Note that these five elements can be returned in any order.
It doesn't matter what you leave outside of the k elements returned (so they don't count towards the rubric).
Tip:
0 <= <= 100
0 <= nums[i] <= 50
0 <= val <= 100
discrimination
Every time an element is deleted, all elements after that element are moved forward;
apparent complexity\(O(n^2)\)TLE didn't run 😔;
Positive solution (fast and slow pointers + left and right double pointers)
Fast and slow pointers:
Fast pointer: find the elements of the new array , the new array is the array that does not contain the target elements
Slow pointer: points to the location where the new array subscript is updated.
Specific processes:
Code written this way:
// time complexity:O(n)
// (math.) space complexity:O(1)
class Solution {
public:
int removeElement(vector<int>& nums, int val) {
int slowIndex = 0;
for (int fastIndex = 0; fastIndex < (); fastIndex++) {
if (val != nums[fastIndex]) {
nums[slowIndex++] = nums[fastIndex];
}
}
return slowIndex;
}
};//nice
I have nothing to do with myself, and I've been working on a little optimization (the code is so ugly and unattractive QwQ):
class Solution {
public.
int removeElement(vector<int>& nums, int val) {
int k=0,n=();
if(n==0){
return 0; }
}
if(n==1){
if(n==val){
return 0; }
}
else{
return 1; } else{
}
}
int nums1[100000]={0};
if(n%2==1){// Handle the case of an odd array length
if(nums[n/2]! =val){
nums1[k]=nums[n/2];
k++;
}
}
for(int i=0,j=n-1;i<n/2;i++,j--){// Fast pointer, from both sides to the middle, halves the number of executions
if(nums[i]! =val){
nums1[k]=nums[i];
k++;// slow pointer
}
if(nums[j]! =val){
nums1[k]=nums[j];
k++;
}
}
if(n%2==1){
nums[n/2]=nums1[n/2];
}
for(int i=0,j=n-1;i<n/2;i++,j--){// Can't merge with above because it's from both sides to the center/_ \
nums[i]=nums1[i];//update
nums[j]=nums1[j];
}
return k;//return the number of elements not removed
}
};//end scattering flowers ヾ(≧▽≦*)o
complexity theory\(O(n/2)\)I'm a little ugly, but I'm a fast runner ^ O ^ Nice~
977. Squaring ordered arrays
Given an array of integers, nums, sorted in non-decreasing order, return a new array consisting of the squares of each number, also sorted in non-decreasing order.
Example 1:
Input: nums = [-4,-1,0,3,10]
Output: [0,1,9,16,100]
Explanation: After squaring, the array becomes [16,1,0,9,100].

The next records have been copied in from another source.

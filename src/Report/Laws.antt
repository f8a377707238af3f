-- ===== src/Report/Laws.antt =====
-- What the classes and messages of `Classify` promise.
use pxc_anonymizer.Prelude.{String, ◌≡◌, refl, ◌≢◌, ℕ, true, Option, none, some, arith}
use pxc_anonymizer.Errors.{
  transient, Err, failure, mysql, uncertain, joined, wrapped, plain, as_failure, as_mysql,
  is_uncertain, Class,
}
use pxc_anonymizer.Report.{classified, classify, exit_code, report_of}

classified-uncertain :
    (f : Option (Class × String)) (n : Option ℕ)
    → ((m : String) → f ≢ some (transient, m))
    → (classified f n true).0 ≢ transient
unfolding classified
classified-uncertain (some (c, m)) n h = λ e. h m (rw e)
classified-uncertain none (some n) h = ground arith
classified-uncertain none none h = ground arith

exit_code-report_of : (e : Err) → (classify e).0 ≢ transient → exit_code (report_of (some e)) ≢ 1
unfolding exit_code report_of
exit_code-report_of e h = ground arith

-- Exit code 1, which asks for another attempt, never stands for an error in which an uncertain
-- step outcome takes part, unless a `Failure` of class transient is what is classified.
pub exit_code-uncertain :
    (e : Err)
    → is_uncertain e ≡ true
    → ((m : String) → as_failure e ≢ some (transient, m))
    → exit_code (report_of (some e)) ≢ 1
unfolding classify
exit_code-uncertain e u h =
    exit_code-report_of e (rw u (classified-uncertain (as_failure e) (as_mysql e) h))

-- The error with every text in it that may hold row values, SQL or credentials blanked out; the
-- messages of failures, which the code writes itself, stay.
unfoldable pub redact : Err → Err
redact (failure c m) = failure c m
redact (mysql n m) = mysql n ""
redact uncertain = uncertain
redact (joined a b) = joined (redact a) (redact b)
redact (wrapped m e) = wrapped "" (redact e)
redact (plain m) = plain ""

as_failure-redact : (e : Err) → as_failure (redact e) ≡ as_failure e
unfolding redact as_failure
as_failure-redact (failure c m) = refl
as_failure-redact (mysql n m) = refl
as_failure-redact uncertain = refl
as_failure-redact (joined a b) = rw (as_failure-redact a, as_failure-redact b)
as_failure-redact (wrapped m e) = as_failure-redact e
as_failure-redact (plain m) = refl

as_mysql-redact : (e : Err) → as_mysql (redact e) ≡ as_mysql e
unfolding redact as_mysql
as_mysql-redact (failure c m) = refl
as_mysql-redact (mysql n m) = refl
as_mysql-redact uncertain = refl
as_mysql-redact (joined a b) = rw (as_mysql-redact a, as_mysql-redact b)
as_mysql-redact (wrapped m e) = as_mysql-redact e
as_mysql-redact (plain m) = refl

is_uncertain-redact : (e : Err) → is_uncertain (redact e) ≡ is_uncertain e
unfolding redact is_uncertain
is_uncertain-redact (failure c m) = refl
is_uncertain-redact (mysql n m) = refl
is_uncertain-redact uncertain = refl
is_uncertain-redact (joined a b) = rw (is_uncertain-redact a, is_uncertain-redact b)
is_uncertain-redact (wrapped m e) = is_uncertain-redact e
is_uncertain-redact (plain m) = refl

-- Nothing of the text of a database, driver or wrapping error reaches the class or the message
-- that `Classify` publishes: blanking those texts changes neither.
pub classify-redact : (e : Err) → classify (redact e) ≡ classify e
unfolding classify
classify-redact e = rw (as_failure-redact e, as_mysql-redact e, is_uncertain-redact e)
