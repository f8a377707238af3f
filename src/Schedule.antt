-- ===== src/Schedule.antt =====
-- Schedules of runs (internal/controller/anonymizationschedule_controller.go): the latest missed tick,
-- the runs that are active, and those that the history limits remove.
pub mod Ticks
pub mod History
pub mod Pruning
pub mod Status
pub mod Controller
pub mod Creation
pub mod AtMostOne
pub mod Advance
use pxc_anonymizer.Prelude.{
  ℕ, zero, suc, ◌-◌, String, Bool, true, false, ◌&&◌, ◌||◌, Option, none, some, List, [], ◌∷◌, ltb,
  leb, ◌==◌, ◌/=◌, nat_eq, text_eq, length, take, if◌then◌else◌,
}
use pxc_anonymizer.Prelude.Int.{ℤ, pos, negsuc}
use pxc_anonymizer.Errors.{Err, Result, ok, err}
use pxc_anonymizer.Sql.{Io, ◌>>=◌, ◌>>◌, pure}
use pxc_anonymizer.Backups.{text_lt}

abbrev pub max_missed_ticks : ℕ
max_missed_ticks = 100

-- What `scheduleLatestMissedTick` returns.
pub record Missed : Type 0 where
  pub latest : Option ℕ
  pub count : ℕ
  pub too_many : Bool

-- The loop, with the rounds that are left, on the tick that `Next` gave last (`none` is the zero time).
unfoldable pub scan_ticks : (ℕ → Option ℕ) → ℕ → ℕ → Option ℕ → Option ℕ → ℕ → Missed
scan_ticks next now zero tick latest count = record {
  latest = none;
  count = count;
  too_many = true;
}
scan_ticks next now (suc left) none latest count = record {
  latest = latest;
  count = count;
  too_many = false;
}
scan_ticks next now (suc left) (some tick) latest count =
    let rest = scan_ticks next now left (next tick) (some tick) (suc count) in
    if ltb now tick
    then record { latest = latest; count = count; too_many = false }
    else if ltb max_missed_ticks (suc count)
    then record { latest = none; count = suc count; too_many = true }
    else rest

-- `scheduleLatestMissedTick`; `next` is the cron schedule's `Next`. The loop ends after at most 101
-- ticks, so that 102 rounds are enough.
unfoldable pub latest_missed_tick : (ℕ → Option ℕ) → ℕ → ℕ → Missed
latest_missed_tick next earliest now = scan_ticks next now 102 (next earliest) none 0

-- The controller reference of an object (`metav1.GetControllerOf`), with the group of its API version, if
-- that parses.
pub record Owner : Type 0 where
  pub uid : String
  pub name : List ℕ
  pub kind : String
  pub group : Option String

-- The fields of an `AnonymizationRun` that are read here. A time is the nanoseconds since the year 1; 0
-- is a time that is not set. A name is the list of its bytes.
pub record Run : Type 0 where
  pub name : List ℕ
  pub namespace : String
  pub uid : String
  pub created : ℕ
  pub deleted : ℕ
  pub phase : String
  pub completed_at : Option ℕ
  pub is_true : String → Bool  -- `meta.IsStatusConditionTrue` of its conditions
  pub owner : Option Owner
  pub token_hash : List ℕ  -- the run-now hash annotation, empty if there is none

-- `scheduleRunSettled`.
unfoldable pub is_settled : Run → Bool
is_settled r =
    if r.deleted /= 0
    then false
    else if (r.phase /= "Completed") && (r.phase /= "Failed")
    then false
    else r.is_true "CleanedUp" || r.is_true "Retained"

-- `scheduleActiveRuns`.
unfoldable pub active_runs : List Run → List Run
active_runs [] = []
active_runs (r ∷ runs) = let rest = active_runs runs in if is_settled r then rest else r ∷ rest

-- `scheduleRunCompletionTime`.
abbrev pub completion_time : Run → ℕ
completion_time r = elim r.completed_at [ none ↦ r.created | some t ↦ t ]

-- `scheduleRunCompletionOrder`, as whether the first run is before the second.
unfoldable pub is_before : Run → Run → Bool
is_before a b =
    if ltb (completion_time a) (completion_time b)
    then true
    else if ltb (completion_time b) (completion_time a)
    then false
    else text_lt a.name b.name

-- `slices.SortStableFunc` in that order.
unfoldable pub insert_run : Run → List Run → List Run
insert_run r [] = r ∷ []
insert_run r (s ∷ runs) =
    let rest = insert_run r runs in if is_before s r then s ∷ rest else r ∷ s ∷ runs

unfoldable pub sort_runs : List Run → List Run
sort_runs [] = []
sort_runs (r ∷ runs) = insert_run r (sort_runs runs)

-- The settled runs of a phase that `pruneHistory` collects.
unfoldable pub settled_in : String → List Run → List Run
settled_in phase [] = []
settled_in phase (r ∷ runs) =
    let rest = settled_in phase runs in
    if is_settled r && (r.phase == phase) then r ∷ rest else rest

-- The runs that `pruneGroup` goes through.
unfoldable pub victims : List Run → ℕ → List Run
victims runs limit =
    if leb (length runs) limit then [] else take (length runs - limit) (sort_runs runs)

-- What the API server answers to a deletion.
pub data Deletion : Type 0 where
  removed not_found : Deletion
  refused : Err → Deletion

abbrev pub deletion_result : {C : Type 0} → Deletion × C → Result (Unit {0}) × C
deletion_result (removed, c) = (ok tt, c)
deletion_result (not_found, c) = (ok tt, c)
deletion_result (refused e, c) = (err e, c)

module _ {C : Type 0} (delete : C → String → Deletion × C) where
  -- `deleteRun`; the precondition of the deletion is the run's UID.
  unfoldable pub delete_run : Run → Io C (Unit {0})
  delete_run r c = if r.deleted /= 0 then (ok tt, c) else deletion_result (delete c r.uid)

  -- `deleteRuns`, and the loop of `pruneGroup`.
  unfoldable pub delete_runs : List Run → Io C (Unit {0})
  delete_runs [] = pure tt
  delete_runs (r ∷ runs) = do delete_run r; delete_runs runs

  -- `pruneGroup`, with a limit below 0 read as 0.
  unfoldable pub prune_group : List Run → ℤ → Io C (Unit {0})
  prune_group runs (pos limit) = delete_runs (victims runs limit)
  prune_group runs (negsuc n) = delete_runs (victims runs 0)

  -- `pruneHistory`, with the two limits of the schedule's specification.
  unfoldable pub prune_history : List Run → ℤ → ℤ → Io C (Unit {0})
  prune_history owned successful failed = do
    prune_group (settled_in "Completed" owned) successful
    prune_group (settled_in "Failed" owned) failed
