-- ===== src/Server/EventLoop/Phases.antt =====
-- Counting the sessions in a phase.
use caviar_hacker_grid.Base.{
  Bool-cases, inl, inr, ℕ, zero, suc, ◌+◌, List, [], ◌∷◌, ◌++◌, some, ◌≡◌, ◌≢◌, refl, arith, length,
  true, ap,
}
use caviar_hacker_grid.Server.EventLoop.{
  Phase, phase_of, set_phase, one_if, same, count, accepting, deleted, reading, blocked, closed,
  left_open,
}

pub count-append : (p : Phase) (ps qs : List Phase) → count p (ps ++ qs) ≡ count p ps + count p qs
unfolding count
count-append p [] qs = omega arith
count-append p (r ∷ ps) qs = omega (arith, count-append p ps qs)

-- A session that changes its phase is taken from one count and added to another.
pub count-set_phase :
    (p q r : Phase) (i : ℕ) (ps : List Phase)
    → phase_of i ps ≡ some r
    → count p (set_phase i q ps) + one_if (same p r) ≡ count p ps + one_if (same p q)
unfolding count
count-set_phase p q r i [] e = cc
count-set_phase p q r zero (s ∷ ps) e = let f : s ≡ r = cc in rw f (omega arith)
count-set_phase p q r (suc i) (s ∷ ps) e = omega (arith, count-set_phase p q r i ps e)

pub length-set_phase : (i : ℕ) (q : Phase) (ps : List Phase) → length (set_phase i q ps) ≡ length ps
length-set_phase i q [] = refl
length-set_phase zero q (p ∷ ps) = refl
length-set_phase (suc i) q (p ∷ ps) = omega (arith, length-set_phase i q ps)

pub phase_of-set_phase :
    (i : ℕ) (q r : Phase) (ps : List Phase)
    → phase_of i ps ≡ some r
    → phase_of i (set_phase i q ps) ≡ some q
phase_of-set_phase i q r [] e = cc
phase_of-set_phase zero q r (p ∷ ps) e = refl
phase_of-set_phase (suc i) q r (p ∷ ps) e = phase_of-set_phase i q r ps e

-- A session in a phase is counted.
pub count-phase_of :
    (p : Phase) (i : ℕ) (ps : List Phase)
    → same p p ≡ true
    → phase_of i ps ≡ some p
    → count p ps ≢ 0
unfolding count
count-phase_of p i [] s e = cc
count-phase_of p zero (q ∷ ps) s e = let f : q ≡ p = cc in rw (f, s) (λ h. omega (arith, h))
count-phase_of p (suc i) (q ∷ ps) s e = λ h. count-phase_of p i ps s e (omega (arith, h))

same_accepting : (p : Phase) → same accepting p ≡ true → accepting ≡ p
same_accepting accepting e = refl
same_accepting reading e = cc
same_accepting blocked e = cc
same_accepting (closed _) e = cc
same_accepting left_open e = cc
same_accepting deleted e = cc

-- A phase that is counted has a session in it.
pub phase_of-count :
    (ps : List Phase) → count accepting ps ≢ 0 → (i : ℕ) × (phase_of i ps ≡ some accepting)
unfolding count
phase_of-count [] h = absurd (h refl)
phase_of-count (p ∷ ps) h = elim (Bool-cases (same accepting p)) [
  | inl e ↦ (0, rw (same_accepting p e) refl)
  | inr e ↦ let (i, f) = phase_of-count ps (λ k. h (omega (arith, k, ap one_if e))) in (suc i, f)
]

pub phase_of-append :
    (i : ℕ) (p : Phase) (ps qs : List Phase)
    → phase_of i ps ≡ some p
    → phase_of i (ps ++ qs) ≡ some p
phase_of-append i p [] qs e = cc
phase_of-append zero p (q ∷ ps) qs e = e
phase_of-append (suc i) p (q ∷ ps) qs e = phase_of-append i p ps qs e
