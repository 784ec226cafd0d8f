-- ===== src/Server/EventLoop/Accepting.antt =====
-- The accepts of `Server`: there is one outstanding until one fails.
use caviar_hacker_grid.Base.{
  ℕ, ◌+◌, ◌≤◌, List, [], ◌∷◌, ◌++◌, some, ◌≡◌, ◌≢◌, refl, arith, length, ap, ◌∙◌,
}
use caviar_hacker_grid.Handlers.Table.{HandlerConfiguration}
use caviar_hacker_grid.Server.EventLoop.{
  Phase, accepting, reading, deleted, phase_of, set_phase, one_if, same, count, Loop, new_loop,
  Steps, start, further, Mode,
}
use caviar_hacker_grid.Server.EventLoop.Changes.{Change, accepted, refused, ended, Step-Change}
use caviar_hacker_grid.Server.EventLoop.Phases.{
  count-append, count-set_phase, length-set_phase, count-phase_of,
}
use caviar_hacker_grid.Server.Session.{Shared}

count-accepted :
    (p : Phase) (i : ℕ) (ps : List Phase)
    → phase_of i ps ≡ some accepting
    → count p (set_phase i reading ps ++ accepting ∷ []) ≡ count p ps + one_if (same p reading)
unfolding count
count-accepted p i ps e = omega (
  arith,
  count-append p (set_phase i reading ps) (accepting ∷ []),
  count-set_phase p reading accepting i ps e,
)

-- Each accept leaves one session that waits or that was deleted.
Change-one :
    {ps qs : List Phase}
    → Change ps qs
    → count accepting qs + count deleted qs ≡ count accepting ps + count deleted ps
Change-one {ps} (accepted i e) =
    omega (arith, count-accepted accepting i ps e, count-accepted deleted i ps e)
Change-one {ps} (refused i e) = omega (
  arith,
  count-set_phase accepting deleted accepting i ps e,
  count-set_phase deleted deleted accepting i ps e,
)
Change-one {ps} (ended i p e a d) = omega (
  arith,
  count-set_phase accepting p reading i ps e,
  count-set_phase deleted p reading i ps e,
  ap one_if a,
  ap one_if d,
)

Change-deleted : {ps qs : List Phase} → Change ps qs → count deleted ps ≤ count deleted qs
Change-deleted {ps} (accepted i e) = omega (arith, count-accepted deleted i ps e)
Change-deleted {ps} (refused i e) = omega (arith, count-set_phase deleted deleted accepting i ps e)
Change-deleted {ps} (ended i p e a d) =
    omega (arith, count-set_phase deleted p reading i ps e, ap one_if d)

-- With no accept outstanding, no session is made.
Change-length : {ps qs : List Phase} → Change ps qs → count accepting ps ≡ 0 → length qs ≡ length ps
Change-length {ps} (accepted i e) h = absurd (count-phase_of accepting i ps refl e h)
Change-length {ps} (refused i e) h = length-set_phase i deleted ps
Change-length {ps} (ended i p e a d) h = length-set_phase i p ps

pub Steps-append :
    {c : HandlerConfiguration} {mode : Mode} {k l m : Loop}
    → Steps c mode k l
    → Steps c mode l m
    → Steps c mode k m
Steps-append s start = s
Steps-append s (further t u) = further (Steps-append s t) u

module _ {c : HandlerConfiguration} {mode : Mode} {first : Shared} where
  pub Steps-one :
      {l : Loop}
      → Steps c mode (new_loop first) l
      → count accepting l.sessions + count deleted l.sessions ≡ 1
  unfolding count
  Steps-one start = refl
  Steps-one (further s t) = Change-one (Step-Change t) ∙ Steps-one s

  -- Once an accept has failed, the server has deleted one session and makes no other: whatever happens
  -- from there on, no connection is accepted any more.
  pub Steps_no_accept :
      {l l' : Loop}
      → Steps c mode (new_loop first) l
      → count deleted l.sessions ≢ 0
      → Steps c mode l l'
      → (count accepting l'.sessions ≡ 0)
        × (count deleted l'.sessions ≡ 1)
        × (length l'.sessions ≡ length l.sessions)
  Steps_no_accept s h start = (omega (arith, Steps-one s, h), omega (arith, Steps-one s, h), refl)
  Steps_no_accept {l} s h (further {m} t u) =
      let (a, b, e) = Steps_no_accept s h t in
      let one = Steps-one (further (Steps-append s t) u) in
      let kept = Change-deleted (Step-Change u) in
      (
        omega (arith, one, kept, b),
        omega (arith, one, kept, b),
        Change-length (Step-Change u) a ∙ e,
      )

After sorting the array becomes [0,1,9,16,100]
Example 2:
Input: nums = [-7,-3,2,3,11]
Output: [4,9,9,49,121]
Tip:
\(1 <= <= 10^4\)
\(-10^4 <= nums[i] <= 10^4\)
nums has been sorted in non-decreasing order.
Advancement:
Can you please design the time complexity of\(O(n\)) algorithm to solve this problem
discrimination
Iterate, square, sort;
Complexity = fast-row complexity =\(O(nlog_2n)\);
It is still possible to use double pointer optimization;
Positive solution (double pointer)
The array is ordered at the beginning, but the size of the square is determined by the absolute value
Upcode (●'◡'●)
class Solution {
public.
vector<int> sortedSquares(vector<int>& nums) {
int r=()-1,l=0,k=r;//left/right pointer and result pointer
vector<int> ans(r+1,0);//result array
while(l<=r){
if(abs(nums[l])<abs(nums[r])){//store the previous ones smaller than yourself first
ans[k] = nums[r]*nums[r];
k--;
r--;
}
else{//store yourself again
ans[k] = nums[l]*nums[l];
k--;
l++;
}
}
return ans; return result
}
};//Ending Splash ヾ(≧▽≦*)o
The time complexity is also now down to\(O(n)\)"It's a lot faster than violence!